What you are asked to do: Each record is to be duplicated exactly, with nothing added.

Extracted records

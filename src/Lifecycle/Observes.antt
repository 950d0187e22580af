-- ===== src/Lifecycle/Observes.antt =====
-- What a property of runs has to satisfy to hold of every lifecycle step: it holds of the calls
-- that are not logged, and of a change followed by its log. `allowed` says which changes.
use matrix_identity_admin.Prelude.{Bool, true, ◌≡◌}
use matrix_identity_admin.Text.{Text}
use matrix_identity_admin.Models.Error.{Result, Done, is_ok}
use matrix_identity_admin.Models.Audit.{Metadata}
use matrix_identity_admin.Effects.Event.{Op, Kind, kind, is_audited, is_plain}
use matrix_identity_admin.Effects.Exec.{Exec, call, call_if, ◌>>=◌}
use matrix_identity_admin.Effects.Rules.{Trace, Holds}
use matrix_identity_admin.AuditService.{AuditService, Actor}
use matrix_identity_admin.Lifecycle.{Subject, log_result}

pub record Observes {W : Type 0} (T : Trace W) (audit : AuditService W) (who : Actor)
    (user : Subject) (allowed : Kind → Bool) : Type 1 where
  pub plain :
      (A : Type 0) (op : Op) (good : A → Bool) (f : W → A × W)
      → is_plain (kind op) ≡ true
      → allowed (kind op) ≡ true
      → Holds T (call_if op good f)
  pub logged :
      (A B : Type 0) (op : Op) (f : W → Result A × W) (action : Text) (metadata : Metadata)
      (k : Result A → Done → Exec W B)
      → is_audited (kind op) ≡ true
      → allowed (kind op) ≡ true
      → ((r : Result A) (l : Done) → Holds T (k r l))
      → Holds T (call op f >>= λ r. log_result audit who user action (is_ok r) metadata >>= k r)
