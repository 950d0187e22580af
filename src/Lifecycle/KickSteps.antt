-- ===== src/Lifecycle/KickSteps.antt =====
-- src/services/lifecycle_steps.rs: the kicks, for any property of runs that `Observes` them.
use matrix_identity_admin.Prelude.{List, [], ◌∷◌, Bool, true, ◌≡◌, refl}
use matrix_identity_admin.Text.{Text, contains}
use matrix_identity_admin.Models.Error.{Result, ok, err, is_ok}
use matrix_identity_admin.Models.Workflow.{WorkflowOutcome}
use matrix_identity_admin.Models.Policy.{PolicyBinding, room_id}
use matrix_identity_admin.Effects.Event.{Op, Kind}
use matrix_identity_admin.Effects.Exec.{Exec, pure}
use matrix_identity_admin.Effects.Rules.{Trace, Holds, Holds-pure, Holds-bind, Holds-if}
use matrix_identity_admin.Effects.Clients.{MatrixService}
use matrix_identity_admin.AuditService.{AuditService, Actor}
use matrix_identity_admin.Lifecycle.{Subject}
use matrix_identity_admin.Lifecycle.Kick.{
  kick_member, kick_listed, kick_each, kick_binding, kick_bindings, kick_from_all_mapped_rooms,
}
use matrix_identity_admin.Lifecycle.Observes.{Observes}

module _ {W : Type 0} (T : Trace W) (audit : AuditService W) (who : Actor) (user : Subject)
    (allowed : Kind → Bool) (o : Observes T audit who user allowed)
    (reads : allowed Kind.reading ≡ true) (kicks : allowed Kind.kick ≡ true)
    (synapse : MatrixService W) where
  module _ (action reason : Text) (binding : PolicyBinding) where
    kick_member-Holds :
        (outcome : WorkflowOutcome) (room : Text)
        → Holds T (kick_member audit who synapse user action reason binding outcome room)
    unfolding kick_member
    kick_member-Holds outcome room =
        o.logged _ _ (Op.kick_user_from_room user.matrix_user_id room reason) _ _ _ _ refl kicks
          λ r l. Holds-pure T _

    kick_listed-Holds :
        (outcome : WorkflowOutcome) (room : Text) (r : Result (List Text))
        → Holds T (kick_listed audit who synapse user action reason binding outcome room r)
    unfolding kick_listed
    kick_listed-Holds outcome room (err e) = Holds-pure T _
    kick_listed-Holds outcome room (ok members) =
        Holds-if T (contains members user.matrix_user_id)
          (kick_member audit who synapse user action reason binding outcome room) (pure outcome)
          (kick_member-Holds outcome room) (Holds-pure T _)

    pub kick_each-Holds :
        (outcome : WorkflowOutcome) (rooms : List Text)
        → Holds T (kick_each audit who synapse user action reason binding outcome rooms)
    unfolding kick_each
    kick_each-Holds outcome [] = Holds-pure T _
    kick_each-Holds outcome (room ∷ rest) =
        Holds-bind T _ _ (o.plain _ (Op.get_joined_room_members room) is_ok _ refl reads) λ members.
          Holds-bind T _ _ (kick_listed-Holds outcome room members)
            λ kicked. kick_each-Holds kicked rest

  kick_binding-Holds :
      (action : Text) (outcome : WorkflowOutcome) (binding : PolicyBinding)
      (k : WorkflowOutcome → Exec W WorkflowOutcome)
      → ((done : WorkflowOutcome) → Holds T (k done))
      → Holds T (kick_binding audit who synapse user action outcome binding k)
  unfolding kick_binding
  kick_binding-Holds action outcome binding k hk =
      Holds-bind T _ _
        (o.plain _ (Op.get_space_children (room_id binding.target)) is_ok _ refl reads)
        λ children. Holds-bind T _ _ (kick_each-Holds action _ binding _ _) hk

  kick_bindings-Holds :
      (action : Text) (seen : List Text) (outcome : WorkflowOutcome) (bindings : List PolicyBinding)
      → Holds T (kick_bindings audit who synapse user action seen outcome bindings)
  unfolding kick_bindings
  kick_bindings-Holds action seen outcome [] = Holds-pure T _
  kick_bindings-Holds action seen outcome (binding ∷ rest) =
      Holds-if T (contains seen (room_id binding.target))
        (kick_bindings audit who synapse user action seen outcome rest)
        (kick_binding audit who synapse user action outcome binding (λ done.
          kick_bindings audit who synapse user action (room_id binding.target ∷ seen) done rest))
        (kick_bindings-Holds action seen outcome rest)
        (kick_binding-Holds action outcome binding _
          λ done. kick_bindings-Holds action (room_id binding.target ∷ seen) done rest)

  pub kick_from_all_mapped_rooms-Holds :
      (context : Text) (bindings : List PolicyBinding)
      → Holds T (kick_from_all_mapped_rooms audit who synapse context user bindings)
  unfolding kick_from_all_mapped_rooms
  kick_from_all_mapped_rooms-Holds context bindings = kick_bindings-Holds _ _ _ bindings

Solution for this exercise:
filename src/Lifecycle/Observes.antt
repository 950d0187e22580af
-- ===== src/Lifecycle/Observes.antt =====
-- What a property of runs has to satisfy to hold of every lifecycle step: it holds of the calls
-- that are not logged, and of a change followed by its log. `allowed` says which changes.
use matrix_identity_admin.Prelude.{Bool, true, ◌≡◌}
use matrix_identity_admin.Text.{Text}
use matrix_identity_admin.Models.Error.{Result, Done, is_ok}
use matrix_identity_admin.Models.Audit.{Metadata}
use matrix_identity_admin.Effects.Event.{Op, Kind, kind, is_audited, is_plain}
use matrix_identity_admin.Effects.Exec.{Exec, call, call_if, ◌>>=◌}
use matrix_identity_admin.Effects.Rules.{Trace, Holds}
use matrix_identity_admin.AuditService.{AuditService, Actor}
use matrix_identity_admin.Lifecycle.{Subject, log_result}

pub record Observes {W : Type 0} (T : Trace W) (audit : AuditService W) (who : Actor)
    (user : Subject) (allowed : Kind → Bool) : Type 1 where
  pub plain :
      (A : Type 0) (op : Op) (good : A → Bool) (f : W → A × W)
      → is_plain (kind op) ≡ true
      → allowed (kind op) ≡ true
      → Holds T (call_if op good f)
  pub logged :
      (A B : Type 0) (op : Op) (f : W → Result A × W) (action : Text) (metadata : Metadata)
      (k : Result A → Done → Exec W B)
      → is_audited (kind op) ≡ true
      → allowed (kind op) ≡ true
      → ((r : Result A) (l : Done) → Holds T (k r l))
      → Holds T (call op f >>= λ r. log_result audit who user action (is_ok r) metadata >>= k r)
repository 950d0187e22580af
filename src/Lifecycle/KickSteps.antt
-- ===== src/Lifecycle/KickSteps.antt =====
-- src/services/lifecycle_steps.rs: the kicks, for any property of runs that `Observes` them.
use matrix_identity_admin.Prelude.{List, [], ◌∷◌, Bool, true, ◌≡◌, refl}
use matrix_identity_admin.Text.{Text, contains}
use matrix_identity_admin.Models.Error.{Result, ok, err, is_ok}
use matrix_identity_admin.Models.Workflow.{WorkflowOutcome}
use matrix_identity_admin.Models.Policy.{PolicyBinding, room_id}
use matrix_identity_admin.Effects.Event.{Op, Kind}
use matrix_identity_admin.Effects.Exec.{Exec, pure}
use matrix_identity_admin.Effects.Rules.{Trace, Holds, Holds-pure, Holds-bind, Holds-if}
use matrix_identity_admin.Effects.Clients.{MatrixService}
use matrix_identity_admin.AuditService.{AuditService, Actor}
use matrix_identity_admin.Lifecycle.{Subject}
use matrix_identity_admin.Lifecycle.Kick.{
  kick_member, kick_listed, kick_each, kick_binding, kick_bindings, kick_from_all_mapped_rooms,
}
use matrix_identity_admin.Lifecycle.Observes.{Observes}

module _ {W : Type 0} (T : Trace W) (audit : AuditService W) (who : Actor) (user : Subject)
    (allowed : Kind → Bool) (o : Observes T audit who user allowed)
    (reads : allowed Kind.reading ≡ true) (kicks : allowed Kind.kick ≡ true)
    (synapse : MatrixService W) where
  module _ (action reason : Text) (binding : PolicyBinding) where
    kick_member-Holds :
        (outcome : WorkflowOutcome) (room : Text)
        → Holds T (kick_member audit who synapse user action reason binding outcome room)
    unfolding kick_member
    kick_member-Holds outcome room =
        o.logged _ _ (Op.kick_user_from_room user.matrix_user_id room reason) _ _ _ _ refl kicks
          λ r l. Holds-pure T _

    kick_listed-Holds :
        (outcome : WorkflowOutcome) (room : Text) (r : Result (List Text))
        → Holds T (kick_listed audit who synapse user action reason binding outcome room r)
    unfolding kick_listed
    kick_listed-Holds outcome room (err e) = Holds-pure T _
    kick_listed-Holds outcome room (ok members) =
        Holds-if T (contains members user.matrix_user_id)
          (kick_member audit who synapse user action reason binding outcome room) (pure outcome)
          (kick_member-Holds outcome room) (Holds-pure T _)

    pub kick_each-Holds :
        (outcome : WorkflowOutcome) (rooms : List Text)
        → Holds T (kick_each audit who synapse user action reason binding outcome rooms)
    unfolding kick_each
    kick_each-Holds outcome [] = Holds-pure T _
    kick_each-Holds outcome (room ∷ rest) =
        Holds-bind T _ _ (o.plain _ (Op.get_joined_room_members room) is_ok _ refl reads) λ members.
          Holds-bind T _ _ (kick_listed-Holds outcome room members)
            λ kicked. kick_each-Holds kicked rest

  kick_binding-Holds :
      (action : Text) (outcome : WorkflowOutcome) (binding : PolicyBinding)
      (k : WorkflowOutcome → Exec W WorkflowOutcome)
      → ((done : WorkflowOutcome) → Holds T (k done))
      → Holds T (kick_binding audit who synapse user action outcome binding k)
  unfolding kick_binding
  kick_binding-Holds action outcome binding k hk =
      Holds-bind T _ _
        (o.plain _ (Op.get_space_children (room_id binding.target)) is_ok _ refl reads)
        λ children. Holds-bind T _ _ (kick_each-Holds action _ binding _ _) hk

  kick_bindings-Holds :
      (action : Text) (seen : List Text) (outcome : WorkflowOutcome) (bindings : List PolicyBinding)
      → Holds T (kick_bindings audit who synapse user action seen outcome bindings)
  unfolding kick_bindings
  kick_bindings-Holds action seen outcome [] = Holds-pure T _
  kick_bindings-Holds action seen outcome (binding ∷ rest) =
      Holds-if T (contains seen (room_id binding.target))
        (kick_bindings audit who synapse user action seen outcome rest)
        (kick_binding audit who synapse user action outcome binding (λ done.
          kick_bindings audit who synapse user action (room_id binding.target ∷ seen) done rest))
        (kick_bindings-Holds action seen outcome rest)
        (kick_binding-Holds action outcome binding _
          λ done. kick_bindings-Holds action (room_id binding.target ∷ seen) done rest)

  pub kick_from_all_mapped_rooms-Holds :
      (context : Text) (bindings : List PolicyBinding)
      → Holds T (kick_from_all_mapped_rooms audit who synapse context user bindings)
  unfolding kick_from_all_mapped_rooms
  kick_from_all_mapped_rooms-Holds context bindings = kick_bindings-Holds _ _ _ bindings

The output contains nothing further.